Running lubridate::ymd directly on an nlPeriod may produce inaccurate dates e.g. lubridate::ymd("201204") gives "2020-12-04" instead of "2012-04-01".

pk1196 commented 4 years ago

Yes, however this is the line I am receiving that error from.

format period as date

highestAdmLevelStats$nlPeriod <- ymd(paste0(substr(highestAdmLevelStats$nlPeriod, 1,4), "-",substr(highestAdmLevelStats$nlPeriod, 5,6), "-01"))

chrisvwn commented 4 years ago

Oh I know why! So sorry. Since the names of the columns in the result have changed, the example is outdated. I need to update the documentation.

The reason why you're getting NAs is because this line is not pulling out the nlPeriod from the col name:

#extract date from the NL col names
highestAdmLevelStats$nlPeriod <- substr(highestAdmLevelStats$nlPeriod, 12, 17)

Try this instead:

#extract date from the NL col names
highestAdmLevelStats$nlPeriod <- stringr::str_extract(highestAdmLevelStats$nlPeriod, "\\d+")
pk1196 commented 4 years ago

Thank you very much, that solved the date issue. However, pkgOptions(ntLtsIndexUrlVIIRS.M="https://eogdata.mines.edu/download_dnb_composites_iframe.html") doesn't seem to work for the remaining downloads. I still get the same error

library(Rnightlights) library(lubridate) library(reshape2)

pkgOptions(ntLtsIndexUrlVIIRS.M="https://eogdata.mines.edu/download_dnb_composites_iframe.html")

(Optional performance enhancement if you have aria2c and gdal installed)

pkgOptions(downloadMethod = "aria", cropMaskMethod = "gdal", extractMethod = "gdal", deleteTiles = TRUE)

Optional performance enhancement. If extractMethod="rast" you can specify the number of

CPU cores to use in parallel

pkgOptions(extractMethod = "rast", numCores=4)
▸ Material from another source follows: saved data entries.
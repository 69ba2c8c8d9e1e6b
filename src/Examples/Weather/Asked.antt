-- ===== src/Examples/Weather/Asked.antt =====
-- A client of examples/weather.rs and its server together.
use hush_rs.Base.{
  ℕ, ◌+◌, ◌%◌, ◌^◌, ◌<◌, ◌≡◌, refl, ◌++◌, length, Option, some, Result, ok, err, false, arith,
}
use hush_rs.Std.Words.{Bytes}
use hush_rs.Std.Utf8.{ascii}
use hush_rs.Std.Io.{fresh}
use hush_rs.Std.Eq.{nat_eq, bytes_eq}
use hush_rs.Std.HashMap
use hush_rs.Tlv.Map
use hush_rs.Session.Crypto.{Crypto, IsSound}
use hush_rs.Session.Cipher.{nonce_size, key_size}
use hush_rs.Session.Store
use hush_rs.Session.Store.{Session, SessionStore}
use hush_rs.Frame.Body.{Response}
use hush_rs.Frame.Body.RoundTrip.{IsCarried, AreCarried}
use hush_rs.Middleware.{wrapped, wrap_all}
use hush_rs.Server.{is_dead, handle}
use hush_rs.Client.{Client, do_quinn}
use hush_rs.Client.Calls.{meant, by_outcome, serving, do_quinn-handle_request_stream}
use hush_rs.Examples.Weather.{
  Service, url_of, or_default, weather_response, weather, weather_table, city_map, Shown,
  complained, showed, shown,
}

-- What there is to show: the text of the service, or that it failed and why.
abbrev pub news : Result Bytes (Option Bytes) → Shown
news (ok body) = showed (or_default body)
news (err e) = complained (ascii "fetch failed: " ++ e)

shown-weather_response :
    (city : Bytes) (fetched : Result Bytes (Option Bytes)) (seq : ℕ)
    → shown (record (weather_response city fetched) { seq = seq }) ≡ news fetched
unfolding shown weather_response Map.set Map.new Map.get_string Map.get bytes_eq
shown-weather_response city (ok body) seq = refl
shown-weather_response city (err e) seq = refl

module _ {W : Type 0} (service : Service W) where
  weather_meant :
      (seq id : ℕ) (aid city : Bytes) (state : W)
      → meant seq
          (record { opcode = 0x0001; payload = city_map city; session_id = id; api_key_id = aid })
          state
          (HashMap.get 0x0001 (weather_table service))
        ≡ some (weather_response city (service (url_of city) state).0)
  unfolding meant by_outcome weather_table weather handle wrapped wrap_all HashMap.get
      HashMap.insert city_map Map.set Map.new Map.get_string Map.get bytes_eq
  weather_meant seq id aid city state = refl

  -- A client over QUIC that asks for the weather of a city, with one key of 32 bytes on both sides, a
  -- session that is neither expired nor idle for too long, nonces of 12 bytes, a counter that is a u32
  -- and payloads that can be carried, gets a response, counts the call, and shows what the service said for the URL of that city, or why it failed.
  pub shown-do_quinn :
      (c : Crypto) (s : IsSound c) (cl : Client) (nonce nonce' api_key_id city : Bytes) (now id : ℕ)
      (sessions : SessionStore) (sess : Session) (state : W)
      → length nonce ≡ nonce_size
      → length nonce' ≡ nonce_size
      → length cl.session_key ≡ key_size
      → cl.seq < 2 ^ 32
      → IsCarried (city_map city)
      → Store.get id sessions ≡ some sess
      → sess.key ≡ cl.session_key
      → is_dead now sessions (some sess) ≡ false
      → AreCarried (weather_response city (service (url_of city) state).0).payload
      → (resp : Response) × (do_quinn c nonce
            (some fresh)
            (serving c nonce' now id api_key_id (weather_table service) sessions state)
            0x0001
            (some (city_map city))
            cl
          ≡ (ok resp, record cl { seq = (cl.seq + 1) % 2 ^ 32 }))
        × (shown resp ≡ news (service (url_of city) state).0)
  shown-do_quinn c s cl nonce nonce' aid city now id sessions sess state hn hn' hk hs fits found
        same alive fits' =
      let fetched = (service (url_of city) state).0 in
      let resp = weather_response city fetched in
      (
        record resp { seq = cl.seq },
        do_quinn-handle_request_stream c s cl nonce nonce' aid now id 0x0001 (some (city_map city))
            (weather_table service) sessions sess state resp hn hn' hk hs (omega arith) fits found
            same alive (weather_meant cl.seq id aid city state) fits',
        shown-weather_response city fetched cl.seq,
      )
ctry <- "IND" #replace to run for any other country

download and process monthly VIIRS stats at the highest admin level

highestAdmLevelStats <- getCtryNlData(ctryCode = ctry, admLevel = "highest", nlType = "VIIRS.M", nlPeriods = nlRange("201204", "201909","VIIRS.M"), nlStats = list("sum",na.rm=TRUE), ignoreMissing=FALSE)
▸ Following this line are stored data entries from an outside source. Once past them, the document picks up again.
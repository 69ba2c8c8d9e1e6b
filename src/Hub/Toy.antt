-- ===== src/Hub/Toy.antt =====
-- A toy instance of the channels, which shows that their documented behaviour can be met.
use hush_rs.Base.{
  ℕ, suc, ◌+◌, ◌-◌, ◌<◌, ◌==◌, ◌≡◌, refl, List, [], ◌∷◌, ◌++◌, length, ltb, lt→ltb, if◌then◌else◌,
  ==_self, arith,
}
use hush_rs.Hub.Channel.{Event, Broadcast, IsBroadcast}

-- The channels are numbered, and so are the receivers of each. A full queue drops its oldest event. A
-- channel has room for one event more than it was asked to have.
pub record Channels : Type 0 where
  pub made : ℕ
  pub rooms : ℕ → ℕ
  pub counts : ℕ → ℕ
  pub queues : ℕ → ℕ → List Event

abbrev at {ℓ} : {A : Type ℓ} → ℕ → A → (ℕ → A) → ℕ → A
at i a f j = if i == j then a else f j

abbrev push : ℕ → Event → List Event → List Event
push room evt [] = evt ∷ []
push room evt (x ∷ xs) =
    if ltb (length (x ∷ xs)) room then (x ∷ xs) ++ (evt ∷ []) else xs ++ (evt ∷ [])

abbrev pub toy_channels : Broadcast
toy_channels = record {
  World = Channels;
  Sender = ℕ;
  Receiver = ℕ × ℕ;
  channel = λ n w. (
    w.made,
    record {
      made = suc w.made;
      rooms = at w.made (n + 1) w.rooms;
      counts = at w.made 0 w.counts;
      queues = w.queues;
    },
  );
  subscribe = λ tx w. (
    (tx, w.counts tx),
    record w {
      counts = at tx (suc (w.counts tx)) w.counts;
      queues = at tx (at (w.counts tx) [] (w.queues tx)) w.queues;
    },
  );
  receiver_count = λ tx w. w.counts tx;
  send =
      λ tx evt w. record w { queues = at tx (λ k. push (w.rooms tx) evt (w.queues tx k)) w.queues };
  drop_receiver = λ rx w. record w { counts = at rx.0 (w.counts rx.0 - 1) w.counts };
  queue = λ rx w. w.queues rx.0 rx.1;
  capacity = λ tx w. w.rooms tx;
  belongs_to = λ rx w. rx.0;
}

toy_send :
    (room : ℕ) (evt : Event) (xs : List Event)
    → length xs < room
    → push room evt xs ≡ xs ++ (evt ∷ [])
toy_send room evt [] h = refl
toy_send room evt (x ∷ xs) h = rw (lt→ltb (length (x ∷ xs)) room h)

toy_send_queue :
    (tx : ℕ) (evt : Event) (w : Channels) (rx : ℕ × ℕ)
    → rx.0 ≡ tx
    → length (w.queues rx.0 rx.1) < w.rooms tx
    → at tx (λ k. push (w.rooms tx) evt (w.queues tx k)) w.queues rx.0 rx.1
      ≡ w.queues rx.0 rx.1 ++ (evt ∷ [])
toy_send_queue tx evt w (ch, k) e h =
    rw (e, ==_self tx) (toy_send (w.rooms tx) evt (w.queues tx k) (rw e at h))

toy_subscribe_queue :
    (tx : ℕ) (w : Channels)
    → at tx (at (w.counts tx) [] (w.queues tx)) w.queues tx (w.counts tx) ≡ []
toy_subscribe_queue tx w = rw (==_self tx, ==_self (w.counts tx))

pub toy_channels-IsBroadcast : IsBroadcast toy_channels
toy_channels-IsBroadcast = record {
  channel_count = λ n w. rw (==_self w.made);
  channel_capacity = λ n w positive small. rw (==_self w.made) (omega arith);
  subscribe_count = λ tx w. rw (==_self tx);
  subscribe_queue = toy_subscribe_queue;
  subscribe_belongs = λ tx w. refl;
  subscribe_capacity = λ tx w. refl;
  send_queue = toy_send_queue;
  send_belongs = λ tx evt w rx. refl;
  send_capacity = λ tx ty evt w. refl;
}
2019-12-06 11:49:58: PROCESSING nlType:VIIRS.MconfigName: VCMCFG nlPeriod:201908 2019-12-06 11:49:58: Checking tiles required for VIIRS.M 201908 2019-12-06 11:49:58: IND: Stats missing. Adding tiles 2019-12-06 11:49:58: numTiles: 1, Required tiles: 75N060E 2019-12-06 11:49:58: Downloading tile: 2019083 2019-12-06 11:49:58: Tile not available on the NOAA page. Please manually check for the 201908 tile at 'https://ngdc.noaa.gov/eog/viirs/download_dnb_composites.html'. If it exists please report this as a bug 2019-12-06 11:49:58: Something went wrong with the tile downloads. Aborting ... Error in getCtryNlData(ctryCode = ctry, admLevel = "highest", nlType = "VIIRS.M", : 2019-12-06 11:50:00: An error occurred

Also, just wanted to confirm - the csv file named NL_DATA_IND_ADM1_GADM-3.6-SHPZIP in the data folder contains the radiance sums for each state? Would it be right to say that adding all of them would give the radiance sum for the entire country in that month?

chrisvwn commented 4 years ago

pkgOptions(ntLtsIndexUrlVIIRS.M="https://eogdata.mines.edu/download_dnb_composites_iframe.html") doesn't seem to work for the remaining downloads. I still get the same error

This is a different issue. The tile for 201908 has not yet been made available on the site. The error message needs to be updated with the new url to check.

chrisvwn commented 4 years ago

Also, just wanted to confirm - the csv file named NL_DATA_IND_ADM1_GADM-3.6-SHPZIP in the data folder contains the radiance sums for each state? Would it be right to say that adding all of them would give the radiance sum for the entire country in that month?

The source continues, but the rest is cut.